Reply Sun 25 Feb, 2007 06:57 pm
Hi everyone - new to this 'forum stuff' but would appreciate and feedback. I am from the Uk and now living with and married to an American lady since September last yr. below are the opening paragraphs of a book we are writing between us... it will be told from 3 angles.. the narrator, myself & my wife... let me know what you think pls.
(Apologies for the ***** but the information will give our identities away and we are yet to create alternatives).

(Narrator) Chance... what is chance?
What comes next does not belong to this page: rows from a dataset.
-- ===== src/World.antt =====
-- The state that the handlers work on: the clocks, the environment, what the network will answer,
-- what was sent, the database and the log; and the actions over it. A reading of the clock may come
-- after any delay. What was done before an exception stays done.
pub mod Growth
pub mod Returns
pub mod Still
pub mod Keeps
pub mod Follows
pub mod Raises
use amazon_echo_home_voice.Prelude.{
  Bool, List, Option, String, [], if◌then◌else◌, true, ℕ, ◌++◌, ◌+◌, ◌∷◌,
}
use amazon_echo_home_voice.Python.{
  Exn, Float, Foreign, Result, ensure, float, ok, raised, store_error, whole, whole_milliseconds,
}
use amazon_echo_home_voice.Gateway.Config.{GatewayConfig}
use amazon_echo_home_voice.Gateway.Response.{Response}
use amazon_echo_home_voice.Gateway.Resolve.{Lookup, no_answer}
use amazon_echo_home_voice.Store.Tables.{Tables}
use amazon_echo_home_voice.Diagnostics.{Line}

-- How a request ends: no result in time, a response, an HTTPError with its response, more bytes than the transport reads, or an
-- exception of a library.
pub data Reply : Type 0 where
  late too_large : Reply
  responded http_failure : Response → Reply
  failed : Foreign → Reply

-- What the environment does with a request: whether a slot and a thread are free for it, the look-up
-- of the host, the time that it takes, and how it ends.
pub record Exchange : Type 0 where
  pub slot : Bool
  pub lookup : Lookup
  pub took : ℕ
  pub reply : Reply

-- A request of the identity provider: the endpoint, the client and the posted fields.
pub record Post : Type 0 where
  pub url : String
  pub client : String
  pub fields : List (String × String)

pub record World : Type 0 where
  -- time.monotonic() in microseconds, and the time that passes before each later reading
  pub now : ℕ
  pub delays : List ℕ
  -- time.time() at a reading of the monotonic clock
  pub wall : ℕ → Float
  pub environ : String → Option String
  pub gateway : List Exchange
  pub sent : List GatewayConfig
  pub provider : List Exchange
  pub posted : List Post
  pub storage_up : Bool
  pub tables : Tables
  -- secrets.token_urlsafe
  pub random : List String
  pub log : List Line

abbrev pub Exec {ℓ} : Type ℓ → Type ℓ
Exec A = World → Result A × World

module _ {ℓ} {A : Type ℓ} where
  abbrev pub pure : A → Exec A
  pure a w = (ok a, w)

  abbrev pub raise : Exn → Exec A
  raise e w = (raised e, w)

  abbrev pub lift : Result A → Exec A
  lift r w = (r, w)

  -- try: m except Exception as e: handler(e)
  abbrev pub handle : Result A → (Exn → Exec A) → Exec A
  handle (ok a) handler w = (ok a, w)
  handle (raised e) handler w = handler e w

  abbrev pub catch : Exec A → (Exn → Exec A) → Exec A
  catch m handler w = let (r, w') = m w in handle r handler w'

module _ {ℓ κ} {A : Type ℓ} {B : Type κ} where
  abbrev pub continue : Result A → (A → Exec B) → Exec B
  continue (ok a) f w = f a w
  continue (raised e) f w = (raised e, w)

  infixl 5 ◌>>=◌
  abbrev pub ◌>>=◌ : Exec A → (A → Exec B) → Exec B
  ◌>>=◌ m f w = let (r, w') = m w in continue r f w'

infixl 5 ◌>>◌
abbrev pub ◌>>◌ {ℓ κ} : {A : Type ℓ} {B : Type κ} → Exec A → Exec B → Exec B
m >> k = m >>= λ _. k

-- if not test: raise e
abbrev pub check : Bool → Exn → Exec (Unit {0})
check test e = lift (ensure test e)

-- time.monotonic()
unfoldable pub monotonic : Exec ℕ
monotonic w = elim w.delays [
  | [] ↦ (ok w.now, w)
  | d ∷ ds ↦ (ok (w.now + d), record w { now = w.now + d; delays = ds })
]

-- time.time()
unfoldable pub wall_clock : Exec Float
wall_clock w = (ok (w.wall w.now), w)

-- os.environ
unfoldable pub getenv : Exec (String → Option String)
getenv w = (ok w.environ, w)

abbrev no_exchange : Exchange
no_exchange = record { slot = true; lookup = no_answer; took = 0; reply = late }

-- The next exchange with the gateway; it takes its time.
unfoldable pub next_exchange : Exec Exchange
next_exchange w = elim w.gateway [
  | [] ↦ (ok no_exchange, w)
  | x ∷ xs ↦ (ok x, record w { gateway = xs; now = w.now + x.took })
]

-- A GET goes out with the credentials of this configuration.
unfoldable pub send : GatewayConfig → Exec (Unit {0})
send config w = (ok tt, record w { sent = w.sent ++ config ∷ [] })

-- The next exchange with the identity provider.
unfoldable pub next_provider : Exec Exchange
next_provider w = elim w.provider [
  | [] ↦ (ok no_exchange, w)
  | x ∷ xs ↦ (ok x, record w { provider = xs; now = w.now + x.took })
]

unfoldable pub post : Post → Exec (Unit {0})
post p w = (ok tt, record w { posted = w.posted ++ p ∷ [] })

-- LOGGER.warning
unfoldable pub warn : Line → Exec (Unit {0})
warn line w = (ok tt, record w { log = w.log ++ line ∷ [] })

-- int(time.time()): `e > time.time()` for a whole number e is `e > int(time.time())`
unfoldable pub seconds : Exec ℕ
seconds w = (ok (whole (float (w.wall w.now))), w)

-- datetime.now(timezone.utc), in milliseconds since the epoch
unfoldable pub milliseconds : Exec ℕ
milliseconds w = (ok (whole_milliseconds (w.wall w.now)), w)

-- secrets.token_urlsafe
unfoldable pub next_token : Exec String
next_token w = elim w.random [ [] ↦ (ok "", w) | t ∷ ts ↦ (ok t, record w { random = ts }) ]

-- `with self._db() as db` of tenant_store.py: a transaction over the tables, which changes nothing if
-- it raises, and fails as a whole where storage is not available.
unfoldable pub transaction {ℓ} : {A : Type ℓ} → (Tables → Result (A × Tables)) → Exec A
transaction body w =
    if w.storage_up
    then elim (body w.tables) [
      | ok (a, tables) ↦ (ok a, record w { tables = tables })
      | raised e ↦ (raised e, w)
    ]
    else (raised store_error, w)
Well - the dictionary definition is:' a measure of how likely it is that some event will occur.' Not the most romantic description of love - a love so powerful it would ignore the most profound difficulties, cross an ocean of 3,000 miles and bring two people together that really had 'no chance' at all of ever succeeding with their love... and yet - if I were to ask you - under the same difficulties... would you take that chance..... Would you?

(Female)-The world has a population of almost 7 billion people. How is it that people who are either getting divorced, or are ending a long term relationship feel as though they are all alone, and no one else in the world can possibly feel as lost and alone as they themselves are? Have you ever had a break up where it felt as though it were a life ending thing? That there was no possible way in heaven or earth that you could ever be happy again?
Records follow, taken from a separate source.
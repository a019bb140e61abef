-- ===== src/Oauth.antt =====
-- oauth.py: the configuration of the identity provider, and the checks of texts and numbers.
-- Timeouts are whole microseconds.
pub mod Identity
pub mod Answer
pub mod Pkce
pub mod Client
pub mod Grant
use amazon_echo_home_voice.Python.{
  Json, Python, Result, Url, all_chars, any_char, between, ensure, len, nonempty, num, oauth_error,
  ok, required, str, ◌>>=◌, ◌>>◌,
}
use amazon_echo_home_voice.Prelude.{
  Bool, Option, String, false, is_some, leb, ltb, none, not, or_else, some, str_eq, true, ℕ, ◌&&◌,
  ◌==◌,
}

pub record OAuthConfig : Type 0 where
  pub issuer : String
  pub authorization_url : String
  pub token_url : String
  pub introspection_url : String
  pub alexa_client_id : String
  pub alexa_client_secret : String
  pub portal_client_id : String
  pub portal_client_secret : String
  pub portal_redirect_uri : String
  pub timeout_seconds : ℕ

-- _visible_string, of a text
unfoldable pub visible_text : ℕ → String → Bool
visible_text maximum s = ltb 0 (len s) && leb (len s) maximum && all_chars (between 33 126) s

-- _visible_string
abbrev pub visible_string : ℕ → Json → Bool
visible_string maximum (str s) = visible_text maximum s
visible_string maximum _ = false

abbrev pub is_443 : Option (Option ℕ) → Bool
is_443 none = false
is_443 (some none) = true
is_443 (some (some n)) = n == 443

abbrev pub some_host : Option String → Bool
some_host none = false
some_host (some s) = nonempty s

-- The conjunction of `_https_url`.
unfoldable pub https_parts : String → Url → Bool
https_parts value parsed =
    str_eq parsed.scheme "https"
    && some_host parsed.hostname
    && not (is_some parsed.username)
    && not (is_some parsed.password)
    && is_443 parsed.port
    && not (nonempty parsed.query)
    && not (nonempty parsed.fragment)
    && not (any_char (λ c. c == b'?') value)
    && not (any_char (λ c. c == b'#') value)
    && not (any_char (λ c. c == b'%') parsed.netloc)

module _ (py : Python) where
  -- _finite_number
  abbrev pub finite_number : Json → Bool
  finite_number (num n) = or_else (py.isfinite n) false
  finite_number _ = false

  -- _https_url
  unfoldable pub https_url : String → Bool
  https_url value =
      visible_text 2048 value
      && not (any_char (λ c. c == 92) value)
      && elim (py.urlsplit value) [ none ↦ false | some parsed ↦ https_parts value parsed ]

  -- __post_init__
  unfoldable pub oauth_post_init : OAuthConfig → Result OAuthConfig
  oauth_post_init c = do
    ensure
        (https_url c.issuer
          && https_url c.authorization_url
          && https_url c.token_url
          && https_url c.introspection_url
          && https_url c.portal_redirect_uri)
        oauth_error
    ensure
        (visible_text 255 c.alexa_client_id
          && visible_text 255 c.portal_client_id
          && not (str_eq c.alexa_client_id c.portal_client_id))
        oauth_error
    ensure (visible_text 4096 c.alexa_client_secret && visible_text 4096 c.portal_client_secret)
        oauth_error
    ensure (leb 100_000 c.timeout_seconds && leb c.timeout_seconds 2_000_000) oauth_error
    ok c

  -- from_env
  unfoldable pub oauth_from_env : (String → Option String) → Result OAuthConfig
  oauth_from_env environ = do
    timeout ←
        required (py.parse_seconds (or_else (environ "OAUTH_TIMEOUT_SECONDS") "2")) oauth_error
    oauth_post_init (record {
      issuer = or_else (environ "OAUTH_ISSUER") "";
      authorization_url = or_else (environ "OAUTH_AUTHORIZATION_URL") "";
      token_url = or_else (environ "OAUTH_TOKEN_URL") "";
      introspection_url = or_else (environ "OAUTH_INTROSPECTION_URL") "";
      alexa_client_id = or_else (environ "OAUTH_ALEXA_CLIENT_ID") "";
      alexa_client_secret = or_else (environ "OAUTH_ALEXA_CLIENT_SECRET") "";
      portal_client_id = or_else (environ "OAUTH_PORTAL_CLIENT_ID") "";
      portal_client_secret = or_else (environ "OAUTH_PORTAL_CLIENT_SECRET") "";
      portal_redirect_uri = or_else (environ "OAUTH_PORTAL_REDIRECT_URI") "";
      timeout_seconds = timeout;
    })
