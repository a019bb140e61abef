-- ===== src/Oauth/Identity.antt =====
-- What `_introspect` of oauth.py accepts as an identity, given the provider's answer.
use amazon_echo_home_voice.Python.{
  Fields, Float, Json, Number, Python, Result, all_chars, arr, as_number, as_str, between, bool,
  ensure, find, float, foreign, get, invalid_token, items, key_error, len, num, num_lt, ok,
  required, split, str, ◌>>=◌, ◌>>◌,
}
use amazon_echo_home_voice.Prelude.{
  Bool, List, Option, String, [], all, any, false, leb, none, not, one_of, some, str_eq, true, ◌&&◌,
  ◌++◌, ◌∷◌,
}
use amazon_echo_home_voice.Oauth.{visible_string, finite_number}

pub record Identity : Type 0 where
  pub subject : String
  pub issuer : String
  pub expires_at : Number

-- A claim that is the text s.
abbrev pub is_text : String → Json → Bool
is_text s (str t) = str_eq t s
is_text s _ = false

-- audience: one text stands for a list of it
abbrev pub audience : Json → Option (List Json)
audience (str s) = some (str s ∷ [])
audience (arr vs) = some (items vs)
audience _ = none

abbrev pub claim : Option Json → List Json
claim none = []
claim (some v) = v ∷ []

-- [payload[name] for name in ("client_id", "azp") if name in payload]
abbrev pub clients : Fields → List Json
clients payload = claim (find "client_id" payload) ++ claim (find "azp" payload)

abbrev pub some_item : List Json → Bool
some_item [] = false
some_item (v ∷ vs) = true

abbrev pub is_active : Json → Bool
is_active (bool b) = b
is_active _ = false

-- The scope claim: printable, bounded, and with the wanted scope among its words.
unfoldable pub has_scope : String → String → Bool
has_scope scope token_scope =
    leb (len token_scope) 4096
    && all_chars (between 32 126) token_scope
    && one_of (split b' ' token_scope) scope

abbrev pub scope_claim : String → Json → Bool
scope_claim scope (str s) = has_scope scope s
scope_claim scope _ = false

abbrev pub is_later : Float → Json → Bool
is_later now (num n) = num_lt (float now) n
is_later now _ = false

unfoldable pub audience_claim : String → Option (List Json) → Bool
audience_claim client_id none = false
audience_claim client_id (some vs) = all (visible_string 255) vs && any (is_text client_id) vs

module _ (py : Python) where
  -- The conjunction `valid`.
  unfoldable pub valid_claims : (issuer client_id scope : String) → (now : Float) → Fields → Bool
  valid_claims issuer client_id scope now payload =
      is_active (get "active" payload)
      && is_text issuer (get "iss" payload)
      && audience_claim client_id (audience (get "aud" payload))
      && some_item (clients payload)
      && all (is_text client_id) (clients payload)
      && visible_string 255 (get "sub" payload)
      && finite_number py (get "exp" payload)
      && is_later now (get "exp" payload)
      && scope_claim scope (get "scope" payload)

  -- The test of `nbf`: `payload["nbf"] > self._clock()` refuses.
  unfoldable pub may_start : Float → Option Json → Bool
  may_start now none = true
  may_start now (some v) = finite_number py v && not (is_later now v)

  -- The end of `_introspect`, at two readings of the clock.
  unfoldable pub identity_of :
      (issuer client_id scope : String) → (now later : Float) → Fields → Result Identity
  identity_of issuer client_id scope now later payload = do
    ensure (valid_claims issuer client_id scope now payload) invalid_token
    ensure (may_start later (find "nbf" payload)) invalid_token
    subject ← required (as_str (get "sub" payload)) (foreign key_error)
    expires ← required (as_number (get "exp" payload)) (foreign key_error)
    ok (record { subject = subject; issuer = issuer; expires_at = expires })
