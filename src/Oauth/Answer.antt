-- ===== src/Oauth/Answer.antt =====
-- Reading one answer of the identity provider: `_read_json` and `_request_json` of oauth.py.
use amazon_echo_home_voice.Python.{
  Fields, Python, Result, as_fields, as_str, ensure, foreign, get, invalid_token, oauth_unavailable,
  ok, raised, required, unicode_error, value_error, ◌>>=◌, ◌>>◌,
}
use amazon_echo_home_voice.Prelude.{
  Bool, false, if◌then◌else◌, leb, length, none, not, some, str_eq, take, true, ℕ, ◌&&◌, ◌+◌, ◌==◌,
}
use amazon_echo_home_voice.UniqueKeys.{unique_object, with_hook}
use amazon_echo_home_voice.World.{Reply, responded, http_failure}
use amazon_echo_home_voice.Gateway.Response.{Response, media_type}

abbrev pub max_oauth_response : ℕ
max_oauth_response = 16384

-- Whether a posted request is the exchange of an authorization code.
pub data Purpose : Type 0 where
  introspection authorization_code : Purpose

module _ (py : Python) where
  -- _read_json
  unfoldable pub read_json : Response → Result Fields
  read_json response = do
    ensure (str_eq (media_type py response.content_type) "application/json") oauth_unavailable
    let body = take (max_oauth_response + 1) response.body
    ensure (leb (length body) max_oauth_response) oauth_unavailable
    text ← required (py.decode body) (foreign unicode_error)
    value ← required (py.loads text) (foreign value_error)
    ensure (not (py.has_constant text)) oauth_unavailable
    kept ← with_hook (unique_object oauth_unavailable) value
    required (as_fields kept) oauth_unavailable

  abbrev unavailable_on_error : Result Fields → Result Fields
  unavailable_on_error (raised (foreign f)) = raised oauth_unavailable
  unavailable_on_error r = r

  abbrev is_invalid_grant : Result Fields → Bool
  is_invalid_grant (ok payload) = elim (as_str (get "error" payload)) [
    | none ↦ false
    | some s ↦ str_eq s "invalid_grant"
  ]
  is_invalid_grant (raised e) = false

  abbrev exchanges_code : Purpose → Bool
  exchanges_code introspection = false
  exchanges_code authorization_code = true

  -- _request_json, with the last handler of `run`, which hides an exception of a library
  unfoldable pub request_json : Purpose → Reply → Result Fields
  request_json purpose (responded r) =
      if r.status == 200 then unavailable_on_error (read_json r) else raised oauth_unavailable
  request_json purpose (http_failure r) =
      if exchanges_code purpose && r.status == 400 && is_invalid_grant (read_json r)
      then raised invalid_token
      else raised oauth_unavailable
  request_json purpose _ = raised oauth_unavailable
I suppose I should give you a little background first; I was married for 10 years to a man, who while he could be good, could also be very bad. We have one son together. We actually had a lot in common as well. We were both *****, both came from a mixed racial background, so we both knew about racial prejudice as well. ***** father was white/native american, while his mother was Mexican/native american. My father's family was Scot/Irish, like most Americans nowadays. He was in the navy way back when, and met my mother while stationed in Japan. So yes, that makes me that Melting pot American/Japanese. Quite an odd mixture for our son.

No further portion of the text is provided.